Spark offers a fluent DSL with infix operators for data transforms, but after a company-imposed auto formatter got done mangling it I was only allowed to check in a wall of method chaining that none of my teammates would write.

    things
      .where($"key" === lit(key))
      .select("value")
      .as[String]
      .repartition(N1, $"value")
      .flatMap(new ThingIterator(_))
      .repartition(N2)
      .write
      .parquet(
        s"s3a://bucket/things/key=$key")
As for naming, I see stuff like “every method must take one arg whose name ends with Request” even when envelope or notification would make more sense.

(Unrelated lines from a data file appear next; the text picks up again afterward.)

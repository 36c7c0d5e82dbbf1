-- ===== src/Installation/Existing.antt =====
-- Which file of the directory the installation takes for the existing configuration.
use mesh_cni.Installation.{
  conflist_name, extension, has_extension, other_file, existing_files, first_with, existing_file,
}
use mesh_cni.Prelude.Order.{text_le, text_le_total, IsIn-sort, IsSorted, sort-IsSorted}
use mesh_cni.Prelude.Result.{Result, ok, err}
use mesh_cni.Prelude.{
  String, List, [], ◌∷◌, Option, some, none, true, ◌≡◌, ◌≢◌, refl, sym, ap, ◌∙◌, ◌↔◌, inl, inr,
  Bool-cases, IsIn, IsIn-filter_map, filter_map,
}
use text.Mathlib.TextEquality.{eq_iff}
use text.Mathlib.Text.{◌==◌ as str_eq}

has_extension_iff : (e : String) (o : Option String) → (has_extension e o ≡ true) ↔ (o ≡ some e)
has_extension_iff e none = (λ h. cc, λ h. cc)
has_extension_iff e (some f) =
    (λ h. ap some ((eq_iff f e).0 h), λ h. (eq_iff f e).1 (let q : f ≡ e = cc in q))

-- The first file with an extension, or that there is none.
abbrev First : String → List String → Option String → Type 0
First e xs (some f) =
    IsIn f xs
    × (extension f ≡ some e)
    × ((g : String) → IsIn g xs → extension g ≡ some e → text_le f g ≡ true)
First e xs none = (g : String) → IsIn g xs → extension g ≢ some e

text_le_self : (s : String) → text_le s s ≡ true
text_le_self s = elim (text_le_total s s) [ inl h ↦ h | inr h ↦ h ]

first_with-First : (e : String) (xs : List String) → IsSorted xs → First e xs (first_with e xs)
unfolding first_with
first_with-First e [] h = λ g i q. absurd i
first_with-First e (x ∷ xs) (least, h) = elim (Bool-cases (has_extension e (extension x))) [
  | inl a ↦
      rw (a, first_with)
        (
          inl refl,
          (has_extension_iff e (extension x)).0 a,
          λ g i q. elim i [ inl same ↦ rw same (text_le_self x) | inr j ↦ least g j ],
        )
  | inr a ↦
      let not_x : extension x ≢ some e =
        λ q. let b = (has_extension_iff e (extension x)).1 q in cc in
      rw (a, first_with) (later not_x (first_with e xs) (first_with-First e xs h))
]
  where
    later : extension x ≢ some e → (o : Option String) → First e xs o → First e (x ∷ xs) o
    later not_x none none_of =
        λ g i q. elim i [ inl same ↦ not_x (ap extension (sym same) ∙ q) | inr j ↦ none_of g j q ]
    later not_x (some f) (i, q, first) = (
      inr i,
      q,
      λ g j p. elim j [
        | inl same ↦ absurd (not_x (ap extension (sym same) ∙ p))
        | inr k ↦ first g k p
      ],
    )

-- The files that may be taken: not the agent's own.
abbrev pub Available : List (Result String) → String → String → Type 0
Available entries e f = IsIn (ok f) entries × (f ≢ conflist_name) × (extension f ≡ some e)

other_file_iff :
    (r : Result String) (f : String) → (other_file r ≡ some f) ↔ ((r ≡ ok f) × (f ≢ conflist_name))
unfolding other_file
other_file_iff (err e) f = (λ h. absurd (cc), λ h. absurd (let q = h.0 in cc))
other_file_iff (ok name) f = elim (Bool-cases (str_eq name conflist_name)) [
  | inl own ↦ rw own (
    λ h. absurd (cc),
    λ (q, differ).
        absurd (let same : name ≡ f = cc in differ (sym same ∙ (eq_iff name conflist_name).0 own)),
  )
  | inr other ↦ rw other (
    λ h.
        let same : name ≡ f = cc in
        (ap ok same, λ q. let own = (eq_iff name conflist_name).1 (same ∙ q) in cc),
    λ (q, differ). let same : name ≡ f = cc in ap some same,
  )
]

IsIn-existing_files :
    (f : String) (entries : List (Result String))
    → IsIn f (existing_files entries) ↔ (IsIn (ok f) entries × (f ≢ conflist_name))
unfolding existing_files
IsIn-existing_files f entries =
    let (out, into) = IsIn-sort f (filter_map other_file entries) in
    let (from, to) = IsIn-filter_map other_file f entries in
    (
      λ h.
          let (r, i, q) = from (out h) in
          let (same, differ) = (other_file_iff r f).0 q in (rw (← same) i, differ),
      λ (i, differ). into (to (ok f, i, (other_file_iff (ok f) f).1 (refl, differ))),
    )

-- A `.conflist` before a `.conf`, and of several the first in the order of their names.
pub data Chosen (entries : List (Result String)) : Option String → Type 0 where
  conflist :
      {f : String}
      → Available entries "conflist" f
      → ((g : String) → Available entries "conflist" g → text_le f g ≡ true)
      → Chosen entries (some f)
  conf :
      {f : String}
      → ((g : String) → ¬ Available entries "conflist" g)
      → Available entries "conf" f
      → ((g : String) → Available entries "conf" g → text_le f g ≡ true)
      → Chosen entries (some f)
  nothing :
      ((g : String) → ¬ Available entries "conflist" g)
      → ((g : String) → ¬ Available entries "conf" g)
      → Chosen entries none

-- The file that is taken, of any listing of the directory, is never the agent's own. It is the
-- first `.conflist` in the order of the names; where there is none, the first `.conf`; and there
-- is none only where the directory has neither.
pub existing_file-Chosen : (entries : List (Result String)) → Chosen entries (existing_file entries)
unfolding existing_file existing_files
existing_file-Chosen entries = go (first_with "conflist" files) (of "conflist")
  where
    files : List String
    files = existing_files entries

    of : (e : String) → First e files (first_with e files)
    of e = first_with-First e files (sort-IsSorted (filter_map other_file entries))

    out : (e f : String) → IsIn f files → extension f ≡ some e → Available entries e f
    out e f i q = let (j, differ) = (IsIn-existing_files f entries).0 i in (j, differ, q)

    into : (e f : String) → Available entries e f → IsIn f files
    into e f (i, differ, q) = (IsIn-existing_files f entries).1 (i, differ)

    no_conflist :
        First "conflist" files none → (o : Option String) → First "conf" files o → Chosen entries o
    no_conflist none_of (some f) (i, q, first) =
        Chosen.conf (λ g a. none_of g (into "conflist" g a) (a.2)) (out "conf" f i q)
          (λ g a. first g (into "conf" g a) (a.2))
    no_conflist none_of none no_conf =
        Chosen.nothing (λ g a. none_of g (into "conflist" g a) (a.2))
          (λ g a. no_conf g (into "conf" g a) (a.2))

    go :
        (o : Option String)
        → First "conflist" files o
        → Chosen entries (elim o [ some f ↦ some f | none ↦ first_with "conf" files ])
    go (some f) (i, q, first) =
        Chosen.conflist (out "conflist" f i q) (λ g a. first g (into "conflist" g a) (a.2))
    go none none_of = no_conflist none_of (first_with "conf" files) (of "conf")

programming is about keeping control of the way the infrastructure operates


Are you also against makefiles, on the same grounds? “If they can’t be bothered to run each build step by hand, you probably don’t want them around anyway”

That’s much closer to being “the way infrastructure operates” than formatting is.

I suppose 100% of IAC is right out, then.


Source code is something that you author; binary artifacts aren't.


I'm afraid anyone who uses Tailwind is almost certainly using a style formatter to auto-arrange the CSS.


> * A one-line code change doesn't bring with it a 500-line style change because the file passed between people with different style tastes.

In general, one should refrain from drive-by refactoring.